After the Irish war of independence, they would be resolved for the time being by another Tory-Liberal coalition government. In late 1921 it partitioned Ireland into a more-or-less independent Irish Free State (26 counties) and a Northern Ireland Home Rule state of six counties, the maximum area compatible with a clear (two-thirds) Protestant majority.
The resulting border ran (and runs) for almost all its length through majority-Catholic, anti-Partition populations on both sides.
The botched and undemocratic character of the settlement led to the Northern Ireland state breaking down into 25 years of simmering civil war from 1968-69. It is central again to the Brexit issue today, with the dispute over the “backstop” which bars the re-erection of a “hard” border where decades of integration of both the UK and Ireland into the EU have softened it into near-invisibility.

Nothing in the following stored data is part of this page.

-- ===== src/PlayerDb/Roles.antt =====
-- The service gives out role IDs over Redis, and no two accounts get the same.
use test_go_server.Prelude.{
  ℕ, ◌+◌, ◌<◌, ◌≤◌, ◌^◌, ◌≡◌, refl, ap, sym, subst, ◌∙◌, inl, inr, List, [], ◌∷◌, Option, some,
  arith, length,
}
use test_go_server.Protocol.{Bytes}
use test_go_server.Text.{format_int64}
use test_go_server.Text.Decimal.{parse_int64, parse_int64-format_int64}
use test_go_server.Redis.Keys.{
  key_uid_next, account_role_key, account_role_key-inj, uid-ne-account, uid-ne-profile,
}
use test_go_server.Redis.Dao.{Reply, nil, failed, value, Client, get_string, next_uid}
use test_go_server.Game.Player.{PlayerProfile}
use test_go_server.Service.Login.{LoginService, resolve_role_id}
use test_go_server.Service.Login
use test_go_server.Service.Login.Keeps.{resolve_role_id_keeps}
use test_go_server.PlayerDb.{
  Json, role_of, parsed, load_role_id, save_role_id, save_profile, redis_login, redis_accounts,
}
use test_go_server.PlayerDb.Accounts.{
  Written, Sets, save-named, save-profile_other, save-profile_apart,
}
use test_go_server.PlayerDb.Unique.{Counts, Unique, Unique-moved, Unique-same, Unique-written}

-- The invariant, for a counter that has moved by one at most.
pub record Kept {D : Type 0} (client : Client D) (n : ℕ) (d : D) : Type 0 where
  pub at : ℕ
  pub low : n ≤ at
  pub high : at ≤ n + 1
  pub unique : Unique client at d

module _ {D : Type 0} (client : Client D) (json : Json) (sets : Sets client)
    (counting : Counts client) where
  pub profile-Unique :
      (n : ℕ) (f : PlayerProfile) (d : D)
      → Unique client n d
      → Unique client n (save_profile client json f d).0
  profile-Unique n f d v =
      let d' = (save_profile client json f d).0 in
      let same = save-profile_other client json key_uid_next f d sets (uid-ne-profile f.role_id) in
      Unique-moved client n n d d' (λ a. save-profile_apart client json a f d sets)
        (elim v.counter [ inl e ↦ inl (same ∙ e) | inr (e, z) ↦ inr (same ∙ e, z) ]) (omega arith) v

  -- INCR has counted, and nothing is saved yet.
  pub issued-Unique :
      (n : ℕ) (d d1 : D)
      → Unique client n d
      → Written client key_uid_next (format_int64 (n + 1)) d d1
      → Unique client (n + 1) d1
  issued-Unique n d d1 v w =
      Unique-moved client n (n + 1) d d1
        (λ a. w.there (account_role_key a) (λ e. uid-ne-account a (sym e))) (inl w.here)
        (omega arith) v

  -- The ID that INCR has told is saved for an account; d is the database before INCR.
  pub role-Unique :
      (n : ℕ) (account : Bytes) (d d1 : D)
      → n + 1 < 2 ^ 63
      → Unique client n d
      → Written client key_uid_next (format_int64 (n + 1)) d d1
      → Unique client (n + 1) (save_role_id client account (n + 1) d1).0
  unfolding save_role_id
  role-Unique n [] d d1 room v w = issued-Unique n d d1 v w
  role-Unique n (c ∷ s) d d1 room v w =
      let account = c ∷ s in
      let key = account_role_key account in
      let d2 = (client.set key (format_int64 (n + 1)) 0 d1).0 in
      let same : (save_role_id client account (n + 1) d1).0 ≡ d2 =
        ap (λ r. r.0)
          (save-named client account (n + 1) d1 (λ e. ground (arith, e)) (λ z. omega (arith, z))) in
      subst (Unique client (n + 1)) (sym same) (elim (sets.writes key (format_int64 (n + 1)) d1) [
        | inl x ↦
            Unique-written client n account d d2 room v
              (inl (x.there key_uid_next (uid-ne-account account) ∙ w.here)) x.here
              (λ a other.
                x.there (account_role_key a) (λ e. other (account_role_key-inj a account e))
                ∙ w.there (account_role_key a) (λ e. uid-ne-account a (sym e)))
        | inr (bad, same) ↦ Unique-same client (n + 1) d1 d2 same (issued-Unique n d d1 v w)
      ])

  pub save_keeps :
      (n : ℕ) (f : PlayerProfile) (d : D)
      → Kept client n d
      → Kept client n (save_profile client json f d).0
  save_keeps n f d k = record {
    at = k.at;
    low = k.low;
    high = k.high;
    unique = profile-Unique k.at f d k.unique;
  }

  counted_keeps : (n : ℕ) (d : D) → Unique client (n + 1) d → Kept client n d
  counted_keeps n d v = record { at = n + 1; low = omega arith; high = omega arith; unique = v }

  pub login_keeps :
      (n : ℕ) (account : Bytes) (d : D)
      → n + 1 < 2 ^ 63
      → Unique client n d
      → Kept client n (resolve_role_id (redis_login client json) account d).0
  unfolding test_go_server.Service.Login.next_uid next_uid
  login_keeps n account d room v =
      resolve_role_id_keeps (redis_login client json) (redis_accounts client json) (Kept client n)
        account d refl (uncounted d v) issued.0 issued.1 (λ f e. save_keeps n f e)
    where
      uncounted : (e : D) → Unique client n e → Kept client n e
      uncounted e v = record { at = n; low = omega arith; high = omega arith; unique = v }

      d1 : D
      d1 = (client.incr key_uid_next d).0

      told : Option ℕ
      told = (client.incr key_uid_next d).1

      issued :
          Kept client n d1
          × ((id : ℕ) → told ≡ some id → Kept client n (save_role_id client account id d1).0)
      issued = elim (counting.counts n d v.counter room) [
        | inl (w, inl e) ↦ (
          counted_keeps n d1 (issued-Unique n d d1 v w),
          λ id t.
              let same : n + 1 ≡ id = ground (arith, e, t) in
              subst (λ i. Kept client n (save_role_id client account i d1).0) same
                (counted_keeps n _ (role-Unique n account d d1 room v w)),
        )
        | inl (w, inr e) ↦
            (counted_keeps n d1 (issued-Unique n d d1 v w), λ id t. absurd (ground (arith, e, t)))
        | inr (e, same) ↦
            (uncounted d1 (Unique-same client n d d1 same v), λ id t. absurd (ground (arith, e, t)))
      ]

-- The text that an ID was read from, and that the counter has given out the ID.
pub stored :
    {D : Type 0} (client : Client D) (m i : ℕ) (account : Bytes) (d : D)
    → m < 2 ^ 63
    → Unique client m d
    → load_role_id client account d ≡ some (some i)
    → (client.get (account_role_key account) d ≡ value (format_int64 i)) × (0 < i) × (i ≤ m)
unfolding load_role_id get_string role_of parsed
stored client m i [] d room v has = absurd (ground (arith, has))
stored client m i (c ∷ s) d room v has = by_reply (client.get (account_role_key (c ∷ s)) d) refl has
  where
    by_reply :
        (r : Reply)
        → client.get (account_role_key (c ∷ s)) d ≡ r
        → role_of r ≡ some (some i)
        → (r ≡ value (format_int64 i)) × (0 < i) × (i ≤ m)
    by_reply nil e t = absurd (ground (arith, t))
    by_reply failed e t = absurd (ground (arith, t))
    by_reply (value text) e t =
        let (j, printed, pos, le) = v.issued (c ∷ s) text e in
        let read : parse_int64 text ≡ some j =
          ap parse_int64 printed ∙ parse_int64-format_int64 j (omega (arith, le, room)) in
        let same : some (some j) ≡ some (some i) = ap parsed (sym read) ∙ t in
        let index : j ≡ i = ground (arith, same) in
        (
          ap value (printed ∙ ap format_int64 index),
          omega (arith, index, pos),
          omega (arith, index, le),
        )

-- What the two processes do with the store: the service resolves the ID of an account, the game
-- server saves the profile of a player.
pub data Event : Type 0 where
  login : Bytes → Event
  saving : PlayerProfile → Event

unfoldable pub event : {D : Type 0} → Client D → Json → Event → D → D
event client json (login account) d = (resolve_role_id (redis_login client json) account d).0
event client json (saving f) d = (save_profile client json f d).0

unfoldable pub events : {D : Type 0} → Client D → Json → List Event → D → D
events client json [] d = d
events client json (o ∷ os) d = events client json os (event client json o d)

module _ {D : Type 0} (client : Client D) (json : Json) (sets : Sets client)
    (counting : Counts client) where
  pub event_keeps :
      (n : ℕ) (o : Event) (d : D)
      → n + 1 < 2 ^ 63
      → Unique client n d
      → Kept client n (event client json o d)
  unfolding event
  event_keeps n (login account) d room v = login_keeps client json sets counting n account d room v
  event_keeps n (saving f) d room v =
      save_keeps client json sets counting n f d
        (record { at = n; low = omega arith; high = omega arith; unique = v })

  pub events-Unique :
      (n : ℕ) (os : List Event) (d : D)
      → n + length os < 2 ^ 63
      → Unique client n d
      → (m : ℕ) × (m ≤ n + length os) × Unique client m (events client json os d)
  unfolding events
  events-Unique n [] d room v = (n, omega arith, v)
  events-Unique n (o ∷ os) d room v =
      let k = event_keeps n o d (omega (arith, room)) v in
      let (m, le, last) =
        events-Unique k.at os (event client json o d) (omega (arith, room, k.high)) k.unique in
      (m, omega (arith, le, k.high), last)

  pub empty-Unique : (d : D) → ((key : Bytes) → client.get key d ≡ nil) → Unique client 0 d
  empty-Unique d empty = record {
    counter = inr (empty key_uid_next, refl);
    issued = λ a text e. absurd (ground (arith, e, empty (account_role_key a)));
    distinct = λ a b text e f. absurd (ground (arith, e, empty (account_role_key a)));
  }

  -- From an empty database on, whatever logins and saves of profiles come in whatever order, fewer
  -- than 2 ^ 63, and whichever of their commands fail, two accounts with names that have the same
  -- role ID are the same account.
  pub events-distinct :
      (os : List Event) (a b : Bytes) (i : ℕ) (d : D)
      → ((key : Bytes) → client.get key d ≡ nil)
      → length os < 2 ^ 63
      → load_role_id client a (events client json os d) ≡ some (some i)
      → load_role_id client b (events client json os d) ≡ some (some i)
      → a ≡ b
  events-distinct os a b i d empty few has has' =
      let (m, le, v) = events-Unique 0 os d (omega (arith, few)) (empty-Unique d empty) in
      let last = events client json os d in
      v.distinct a b (format_int64 i) (stored client m i a last (omega (arith, le, few)) v has).0
        (stored client m i b last (omega (arith, le, few)) v has').0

Along the road in 1912-14 the Tory leadership had tried other ploys. They wanted the King to refuse Royal Assent to the Home Rule Bill after it passed through Parliament. They got the King to demand from the Liberal prime minister that the Bill not be passed until after either a new general election or an “all-party conference” to amend it. The “all-party conference” took place in July 1914, produced no agreement, but was soon overtaken by the outbreak of World War.
The story shows us that Boris Johnson’s poundshop-Mussolini act has roots in Tory tradition, and shows us what the Tory party would do faced with a left-wing working-class Parliamentary majority which threatened capitalist wealth and power.
Bonar Law’s moves were not even about a threat to capitalism, but about a deep division within bourgeois politics.
Socialists supported national rights for Ireland, as socialists today support migrant worker rights, lowering of borders, and “Remain and Transform”. But Home Rule for Ireland was not a threat to capitalism as such, any more than Remain is, as such.
Since the First Home Rule Bill of 1886, the Liberals had been committed to Home Rule as the way to pacify rebellious Ireland.
Then there were splits from the Liberals by the “Liberal Imperialists” and “Liberal Unionists”. The Tory party was taken over, after 1906, by advocates of a tariff-walled British Empire as against the decades-long British policy of general Free Trade.
Those developments sharpened the divisions.
The divisions in English politics slotted into, reinforced, and were reinforced by, the communal divisions within Ireland between the Protestant “British-Irish” and the Catholic “Irish-Irish”.
Potential for an agreement between the two Irish communities — for something like the “Home Rule within Home Rule” for the north-east of Ireland advocated by the British Marxists of the SDF and by some bourgeois politicians — was destroyed. Each community thought it could get its way and bypass the need for compromise with the “other Irish” by relying on a powerful English ally — the Liberals for the Catholic nationalists, the Tories for the Protestant Unionists.
For decades after 1886 the issue was kicked down the road. The Tories ruled from 1886 to 1892, and 1895 to 1905. The Tory-majority House of Lords vetoed the Liberals’ Second Home Rule Bill in 1893. When the Liberals were elected to government in 1906, they sought to put the issue off.
It came to crisis in 1912 and after because the Liberals had lost seats in the general elections of 1910, and so came to rely on Irish Nationalist MPs for their majority. And now the Lords could only delay a Home Rule Act, not stop it altogether. The Liberals had removed the Lords’ absolute veto in 1911 after the Lords had blocked the Liberal “People’s Budget” of 1910, introducing old age pensions.
As with Brexit, the crisis came through a series of contingencies sharpening and focusing a longstanding rift in politics.
The labour movement had little independent role in the crisis of 1912-14. The Labour Party had been founded in 1900, and won only 42 seats in the December 1910 general election. It was not yet even nominally socialist, and operated largely as a tail of the Liberals.
The labour movement today should respond with robust resistance to all Johnson’s “poundshop Mussolini” ploys, and with a fight for a broader and more responsive democracy.